Over the last two decades, perfluoroalkyl and polyfluoroalkyl substances (PFASs) have emerged as one of the most critical and widespread environmental challenges of the modern era [1,2]. This group of over 10,000 synthetic compounds is defined by a unique chemical structure dominated by the carbon–fluorine (C–F) bond, which is one of the shortest and most energetically stable bonds in organic chemistry, and provides these molecules with exceptional resistance to thermal, chemical, and biological degradation. This persistence, combined with their amphiphilic nature—the ability to repel both water and fats—has led to their extensive industrial application, ranging from aqueous film-forming foams and textiles to food packaging and cosmetics.

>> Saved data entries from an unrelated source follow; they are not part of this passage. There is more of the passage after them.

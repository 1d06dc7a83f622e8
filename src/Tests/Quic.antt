-- ===== src/Tests/Quic.antt =====
-- Runs of the packet parsers and of the reassembly, and the inputs at which their theorems apply.
use sni_router.Prelude.{
  ℕ, ◌+◌, ◌≤◌, ◌<◌, ◌≡◌, refl, inl, inr, Bool-cases, List, [], ◌∷◌, ◌++◌, some, ltb, take, length,
  tests, arith,
}
use sni_router.Prelude.BigEndian.{client_hello}
use sni_router.Prelude.Outcomes.{Bytes, ok, Post, run_steps}
use sni_router.Quic.Varint.{read_varint_at, read_varint, encode_varint}
use sni_router.Quic.Varint.RoundTrip.{read_varint-encode_varint}
use sni_router.Quic.InitialHeader.{parse_initial_header}
use sni_router.Quic.InitialHeader.RoundTrip.{initial_packet, body_offset, parse-initial_packet}
use sni_router.Quic.Frames.{read_crypto_frames}
use sni_router.Quic.Frames.Written.{Frame, padding, ack, crypto, application_close, write_frames}
use sni_router.Quic.Frames.RoundTrip.{read_crypto_frames-write_frames}
use sni_router.Quic.Reassembly.{CryptoReassembly, Fragments, empty_reassembly, insert, clienthello}
use sni_router.Quic.Reassembly.Fragments.{Covers}
use sni_router.Quic.Reassembly.Invariant.{Inserted, insert-Post}
use sni_router.Quic.Reassembly.Stream.{insert_all}
use sni_router.Quic.Reassembly.Complete.{insert_all-prefix, clienthello-insert_all}

-- 37 in two bytes, and in one.
read_varint-two_bytes : read_varint (0x40 ∷ 0x25 ∷ []) 0 ≡ ok (37, 2)
unfolding run_steps read_varint read_varint_at
read_varint-two_bytes = refl

encode_varint-one_byte : encode_varint 37 ≡ 37 ∷ []
unfolding encode_varint
encode_varint-one_byte = refl

read_varint-encode_varint_example :
    read_varint (9 ∷ (encode_varint 15293 ++ 7 ∷ [])) 1
    ≡ ok (15293, 1 + length (encode_varint 15293))
read_varint-encode_varint_example =
    read_varint-encode_varint (9 ∷ (encode_varint 15293 ++ 7 ∷ [])) 1 15293 (7 ∷ []) (omega arith)
      (record { inside = omega arith; ahead = refl })

parse-initial_packet_example :
    parse_initial_header (initial_packet 0xc3 (8 ∷ []) (5 ∷ []) (4 ∷ []) (1 ∷ 2 ∷ 3 ∷ []) (0 ∷ []))
    ≡ ok (record {
      cids = record { version = 1; packet_type = 0; dcid = 8 ∷ []; scid = 5 ∷ [] };
      packet_number_offset = body_offset (8 ∷ []) (5 ∷ []) (4 ∷ []) (1 ∷ 2 ∷ 3 ∷ []);
      packet_end = body_offset (8 ∷ []) (5 ∷ []) (4 ∷ []) (1 ∷ 2 ∷ 3 ∷ []) + 3;
    })
parse-initial_packet_example =
    parse-initial_packet 0xc3 (8 ∷ []) (5 ∷ []) (4 ∷ []) (1 ∷ 2 ∷ 3 ∷ []) (0 ∷ []) (omega arith)
      (omega arith) (omega arith) (omega arith)

abbrev sample_frames : List Frame
sample_frames =
    padding
    ∷ ack 7 0 ((1, 2) ∷ []) 3
    ∷ crypto 4 (7 ∷ 8 ∷ [])
    ∷ application_close 1 []
    ∷ crypto 0 (1 ∷ 0 ∷ [])
    ∷ []

read_crypto_frames-write_frames_example :
    read_crypto_frames (write_frames sample_frames) ≡ ok ((4, 7 ∷ 8 ∷ []) ∷ (0, 1 ∷ 0 ∷ []) ∷ [])
read_crypto_frames-write_frames_example = read_crypto_frames-write_frames sample_frames (
  tt,
  (
    (omega arith, omega arith, omega arith, omega arith, (omega arith, omega arith, tt)),
    ((omega arith, omega arith), ((omega arith, omega arith), ((omega arith, omega arith), tt))),
  ),
)

-- A ClientHello with a body of three bytes, and the byte behind it in the stream.
abbrev sample_stream : Bytes
sample_stream = client_hello (7 ∷ 8 ∷ 9 ∷ []) ++ 5 ∷ []

-- The end comes first, and the frames overlap.
abbrev sample_fragments : Fragments
sample_fragments = (4, 7 ∷ 8 ∷ 9 ∷ 5 ∷ []) ∷ (0, 1 ∷ 0 ∷ 0 ∷ 3 ∷ 7 ∷ []) ∷ []

sample-Covers : (p : ℕ) → p < 7 → Covers p sample_fragments
sample-Covers p h = elim (Bool-cases (ltb p 4)) [
  | inl e ↦ inr (inl (omega tests, omega tests))
  | inr e ↦ inl (omega tests, omega tests)
]

insert_all-prefix_example :
    (r : CryptoReassembly) × (insert_all empty_reassembly sample_fragments ≡ ok r)
    × (7 ≤ length r.bytes)
    × (r.bytes ≡ take (length r.bytes) sample_stream)
insert_all-prefix_example =
    insert_all-prefix sample_stream sample_fragments 7 (omega arith)
      ((omega arith, refl), ((omega arith, refl), tt)) sample-Covers

clienthello-insert_all_example :
    (r : CryptoReassembly) × (insert_all empty_reassembly sample_fragments ≡ ok r)
    × (clienthello r ≡ ok (some (client_hello (7 ∷ 8 ∷ 9 ∷ []))))
clienthello-insert_all_example =
    clienthello-insert_all (7 ∷ 8 ∷ 9 ∷ []) (5 ∷ []) sample_fragments (omega arith) (omega arith)
      ((omega arith, refl), ((omega arith, refl), tt)) sample-Covers

insert-out_of_order :
    insert empty_reassembly 4 (7 ∷ 8 ∷ [])
    ≡ ok (record { bytes = []; fragments = (4, 7 ∷ 8 ∷ []) ∷ [] })
unfolding run_steps insert
insert-out_of_order = refl

insert-Post_example :
    Post (Inserted empty_reassembly 4 (7 ∷ 8 ∷ [])) (insert empty_reassembly 4 (7 ∷ 8 ∷ []))
insert-Post_example =
    insert-Post empty_reassembly 4 (7 ∷ 8 ∷ []) (record { ascending = tt; bounded = omega arith })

The degree of PFAS contamination extends far beyond the fixed borders of industrial zones [3,4,5]. Due to their high mobility in aquatic environments and capacity for long-range atmospheric transport, these substances are detected in the most remote ecosystems, including the blood of Arctic wildlife and within the global hydrological cycle. Unlike classical persistent organic pollutants, PFASs exhibit a strong tendency toward bioaccumulation by binding to blood proteins, resulting in prolonged half-lives within the human body. Toxicological studies reveal a concerning correlation between chronic PFAS exposure and severe health outcomes [6,7,8].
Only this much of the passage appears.